I'm pretty sure that telling a teacher wouldn't help much in that situation anyway
liberals have been beating it into kids' heads that "violence is not the answer". So that generation grows up and passes that BS onto their kids. That's what we're in today.
"'Violence never settles anything.'
'So? I'm sure the city fathers of Carthage would be glad to know that.'"
-RAH
Hey 4 eyes, how about a snowball sandwich?
/the bully
Scott Farkus! What a rotten name! There he stood, between us and the alley. Scott Farkus staring out at us with his yellow eyes. He had yellow eyes! SO HELP ME GOD, YELLOW EYES!!
I was bullied so heavily in school that my 7th grade teacher found it to be a real bother. She decided the best way to resolve this issue was to have my classmates vote between kicking me (the new kid in school) or the kid who was bullying me (one of the popular kids) out of the class. Predictable results followed, and my mom pulled me out of that school... for a couple months before sending me right back, at which point the bullying continued and due to having missed months of school I had to spend the summer in summer school with a bunch of the kids as well. I still resent the fact that she never took them to court for it, because it's something I've had to deal with ever since.

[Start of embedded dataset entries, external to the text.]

-- ===== src/EvmNonce/Reserve.antt =====
-- `reserveEvmNonce` of sovereign/src/senders/evm-nonce.ts.
use cashloom.Prelude.{
  ℕ, ◌+◌, Bool, ◌&&◌, ◌||◌, none, some, List, [], ◌∷◌, ◌++◌, Text, lit, text_eq, map, leb, ltb,
  ◌==◌, if◌then◌else◌, Result, ok, err, ◌>>=◌, ◌>>◌, require, find, select, any, order_by, not,
  length,
}
use cashloom.Payments.{PaymentStatus, status_eq}
use cashloom.EvmNonce.{
  NonceState, Reservation, NonceDb, Number, NonceError, max_safe_integer, normalized_address,
  safe_nonce, safe_chain_id, current_state, is_live, holds,
}

-- The loop over the live nonces, in ascending order: the first free one at or above `nonce`.
unfoldable pub first_gap : ℕ → List ℕ → Result NonceError ℕ
first_gap nonce [] = ok nonce
first_gap nonce (held ∷ rest) =
    let next = first_gap (nonce + 1) rest in
    let same = first_gap nonce rest in
    if not (leb held max_safe_integer)
    then err NonceError.stored_nonce_unsafe
    else if held == nonce
    then (if nonce == max_safe_integer then err NonceError.nonces_exhausted else next)
    else if ltb nonce held
    then ok nonce
    else same

-- `chain_id = ? AND from_address = ? AND state != 'released_pre_submit' AND nonce >= ?`
unfoldable pub is_candidate : ℕ → Text → ℕ → Reservation → Bool
unfolding is_live
is_candidate chain_id address pending r =
    r.chain_id == chain_id && text_eq r.from_address address && is_live r && leb pending r.nonce

unfoldable pub live_nonces : ℕ → Text → ℕ → List Reservation → List ℕ
live_nonces chain_id address pending rows =
    order_by (map (λ r. r.nonce) (select (is_candidate chain_id address pending) rows))

-- `INSERT INTO evm_nonce_reservations`, with the table's primary key and its live-nonce index.
unfoldable pub insert_reservation : Reservation → NonceDb → Result NonceError NonceDb
insert_reservation row db =
    if any (λ r. text_eq r.payment_id row.payment_id) db.reservations
      || any (holds row.chain_id row.from_address row.nonce) db.reservations
    then err NonceError.unique_violation
    else ok (record db { reservations = db.reservations ++ row ∷ [] })

pub record ReserveInput : Type 0 where
  pub payment_id : Text
  pub chain_id : Number
  pub from_address : Text
  pub pending_nonce : Number

unfoldable pub check_payment : Text → NonceDb → Result NonceError (Unit {0})
unfolding current_state status_eq
check_payment payment_id db = elim (find (λ p. text_eq p.id payment_id) db.payments) [
  | none ↦ err NonceError.no_payment
  | some p ↦
      if text_eq p.rail (lit "evm-base") && status_eq p.status PaymentStatus.confirmed
      then elim (current_state db.reservations payment_id) [
        | none ↦ ok tt
        | some s ↦ err (NonceError.already_reserved s)
      ]
      else err NonceError.not_confirmed_evm
]

abbrev pub new_reservation : Text → ℕ → Text → ℕ → Text → Reservation
new_reservation payment_id chain_id address nonce now = record {
  payment_id = payment_id;
  chain_id = chain_id;
  from_address = address;
  nonce = nonce;
  state = NonceState.reserved;
  tx_hash = none;
  created_at = now;
  updated_at = now;
}

-- The transaction body, after the checks of the input.
unfoldable pub reserve_in : Text → ℕ → Text → ℕ → Text → NonceDb → Result NonceError (ℕ × NonceDb)
reserve_in payment_id chain_id address pending now db = do
  check_payment payment_id db
  nonce ← first_gap pending (live_nonces chain_id address pending db.reservations)
  next ← insert_reservation (new_reservation payment_id chain_id address nonce now) db
  ok (nonce, next)

unfoldable pub reserve_evm_nonce : ReserveInput → Text → NonceDb → Result NonceError (ℕ × NonceDb)
reserve_evm_nonce input now db = do
  chain_id ← safe_chain_id input.chain_id
  address ← normalized_address input.from_address
  pending ← safe_nonce input.pending_nonce NonceError.invalid_nonce
  require (not (length input.payment_id == 0)) NonceError.no_payment_id
  reserve_in input.payment_id chain_id address pending now db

Point being, if you're being bullied in school, like anywhere else at any point in time in life, the worst thing you can do is seek help from a government employee.

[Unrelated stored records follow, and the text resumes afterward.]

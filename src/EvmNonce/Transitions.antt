-- ===== src/EvmNonce/Transitions.antt =====
-- The transitions of a reservation in sovereign/src/senders/evm-nonce.ts: signing, submitting,
-- the two outcomes of a submission, and the release before one.
use cashloom.Prelude.{
  ℕ, Bool, true, false, ◌&&◌, ◌||◌, Option, none, some, List, [], ◌∷◌, ◌++◌, Text, text_eq, ◌==◌,
  if◌then◌else◌, Result, ok, err, ◌>>=◌, ◌>>◌, require, any, update, count, not,
}
use cashloom.Payments.{Payment, PaymentStatus, status_eq}
use cashloom.EvmNonce.{
  NonceState, state_eq, Reservation, SignedTransaction, NonceDb, Number, NonceError,
  normalized_address, safe_nonce, safe_chain_id, safe_hash, safe_payload, safe_sha256,
  current_state,
}

-- `payment_id`, `chain_id`, `from_address` and `nonce`, after the checks of the input.
pub record Identity : Type 0 where
  pub payment_id : Text
  pub chain_id : ℕ
  pub from_address : Text
  pub nonce : ℕ

pub record ReservationIdentity : Type 0 where
  pub payment_id : Text
  pub chain_id : Number
  pub from_address : Text
  pub nonce : Number

pub record SignedEvidence : Type 0 where
  pub identity : ReservationIdentity
  pub tx_hash : Text
  pub unsigned_payload : List ℕ
  pub unsigned_payload_sha256 : Text
  pub signed_payload : List ℕ
  pub signed_payload_sha256 : Text

unfoldable pub checked : ReservationIdentity → Result NonceError Identity
checked input = do
  chain_id ← safe_chain_id input.chain_id
  address ← normalized_address input.from_address
  nonce ← safe_nonce input.nonce NonceError.invalid_nonce
  ok (record {
    payment_id = input.payment_id;
    chain_id = chain_id;
    from_address = address;
    nonce = nonce;
  })

-- `tx_hash = ?`, which no NULL satisfies.
abbrev pub hash_is : Text → Option Text → Bool
hash_is hash none = false
hash_is hash (some h) = text_eq h hash

abbrev pub hash_is_null : Option Text → Bool
hash_is_null none = true
hash_is_null (some h) = false

-- `payment_id = ? AND chain_id = ? AND from_address = ? AND nonce = ? AND state = ?`
unfoldable pub is_at : Identity → NonceState → Reservation → Bool
unfolding state_eq
is_at i expected r =
    text_eq r.payment_id i.payment_id
    && r.chain_id == i.chain_id
    && text_eq r.from_address i.from_address
    && r.nonce == i.nonce
    && state_eq r.state expected

-- One `UPDATE` of the reservations that must change exactly one row.
unfoldable pub move_state :
    (Reservation → Bool)
    → (Reservation → Reservation)
    → Text
    → NonceState
    → NonceState
    → NonceDb
    → Result NonceError NonceDb
unfolding current_state
move_state matches change payment_id expected next db =
    if count matches db.reservations == 1
    then ok (record db { reservations = update matches change db.reservations })
    else err
        (NonceError.transition_refused (current_state db.reservations payment_id) expected next)

abbrev pub set_state : NonceState → Text → Reservation → Reservation
set_state next now r = record r { state = next; updated_at = now }

abbrev pub set_signed : Text → Text → Reservation → Reservation
set_signed hash now r = record r {
  state = NonceState.signed;
  tx_hash = some hash;
  updated_at = now;
}

-- `idx_evm_nonce_hash`: no other row of the chain has the hash that a matched row is given.
unfoldable pub hash_taken : Identity → Text → NonceDb → Bool
hash_taken i hash db =
    any
      (λ r.
        r.chain_id == i.chain_id
        && hash_is hash r.tx_hash
        && not (text_eq r.payment_id i.payment_id))
      db.reservations

unfoldable pub insert_signed : SignedTransaction → NonceDb → Result NonceError NonceDb
insert_signed row db =
    if any (λ t. text_eq t.payment_id row.payment_id || text_eq t.tx_hash row.tx_hash)
      db.signed_transactions
    then err NonceError.unique_violation
    else ok (record db { signed_transactions = db.signed_transactions ++ row ∷ [] })

unfoldable pub set_payment_hash : Text → Text → Text → NonceDb → Result NonceError NonceDb
unfolding status_eq
set_payment_hash payment_id hash now db =
    let confirmed_here =
      λ (p : Payment). text_eq p.id payment_id && status_eq p.status PaymentStatus.confirmed in
    if count confirmed_here db.payments == 1
    then ok (record db {
      payments =
          update confirmed_here (λ p. record p { tx_hash = some hash; updated_at = some now })
            db.payments;
    })
    else err NonceError.payment_not_confirmed

-- The transaction of `markEvmNonceSigned`, after the checks of the input.
unfoldable pub persist_signed :
    Identity → SignedTransaction → Text → NonceDb → Result NonceError NonceDb
persist_signed i row now db = do
  let matches = λ (r : Reservation). is_at i NonceState.reserved r && hash_is_null r.tx_hash
  require (not (any matches db.reservations && hash_taken i row.tx_hash db))
      NonceError.unique_violation
  moved ←
      move_state matches (set_signed row.tx_hash now) i.payment_id NonceState.reserved
        NonceState.signed db
  kept ← insert_signed row moved
  set_payment_hash i.payment_id row.tx_hash now kept

module _ (sha256_id keccak256_hex : List ℕ → Text) where
  unfoldable pub mark_evm_nonce_signed : SignedEvidence → Text → NonceDb → Result NonceError NonceDb
  mark_evm_nonce_signed input now db = do
    i ← checked input.identity
    hash ← safe_hash input.tx_hash
    unsigned_payload ← safe_payload input.unsigned_payload
    signed_payload ← safe_payload input.signed_payload
    unsigned_sha256 ← safe_sha256 sha256_id input.unsigned_payload_sha256 unsigned_payload
    signed_sha256 ← safe_sha256 sha256_id input.signed_payload_sha256 signed_payload
    require (text_eq (keccak256_hex signed_payload) hash) NonceError.hash_mismatch
    persist_signed i
        (record {
          payment_id = i.payment_id;
          chain_id = i.chain_id;
          from_address = i.from_address;
          nonce = i.nonce;
          unsigned_payload = unsigned_payload;
          unsigned_payload_sha256 = unsigned_sha256;
          signed_payload = signed_payload;
          signed_payload_sha256 = signed_sha256;
          tx_hash = hash;
          created_at = now;
        })
        now db

-- The `UPDATE` that the three operations after signing share.
unfoldable pub advance :
    NonceState
    → NonceState
    → ReservationIdentity
    → Text
    → Text
    → NonceDb
    → Result NonceError NonceDb
advance expected next input tx_hash now db = do
  i ← checked input
  hash ← safe_hash tx_hash
  move_state (λ r. is_at i expected r && hash_is hash r.tx_hash) (set_state next now) i.payment_id
      expected next db

unfoldable pub mark_evm_nonce_submitting :
    ReservationIdentity → Text → Text → NonceDb → Result NonceError NonceDb
mark_evm_nonce_submitting = advance NonceState.signed NonceState.submitting

unfoldable pub mark_evm_nonce_submitted :
    ReservationIdentity → Text → Text → NonceDb → Result NonceError NonceDb
mark_evm_nonce_submitted = advance NonceState.submitting NonceState.submitted

unfoldable pub mark_evm_nonce_submission_unknown :
    ReservationIdentity → Text → Text → NonceDb → Result NonceError NonceDb
mark_evm_nonce_submission_unknown = advance NonceState.submitting NonceState.submission_unknown

unfoldable pub release_evm_nonce_pre_submit :
    ReservationIdentity → Text → NonceDb → Result NonceError NonceDb
release_evm_nonce_pre_submit input now db = do
  i ← checked input
  move_state (is_at i NonceState.reserved) (set_state NonceState.released_pre_submit now)
      i.payment_id NonceState.reserved NonceState.released_pre_submit db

if you're being bullied in school, like anywhere else at any point in time in life, the worst thing you can do is seek help from a government employee
Looking on the bright side, it sounds like you learned at least one valuable life lesson from the experience.
Can't argue with that one bit.
Kill the pig! Cut his throat! Kill the pig! Bash him in!
Modern definition of a bully, any kid with more influnce with his peers than a teacher or an adult with the official designation of authority.
I don't know if maybe bullying was different when I was a kid, or just my particular circumstance. There was a gang of bullies, when I was attending elementary school, but they weren't classmates, they were Jr. High kids that would come over on our playground, from the Jr. High, next door to us.
I don't think they really meant any harm, they just got a kick out of terrorizing us little kids.
There was one little girl, I felt so bad for, because these kids would tell her things like, her parents had been killed by a swarm of killer bees. I swear, I'm not making this up. She would run into the school, bawling and tell the teachers that her parents were dead.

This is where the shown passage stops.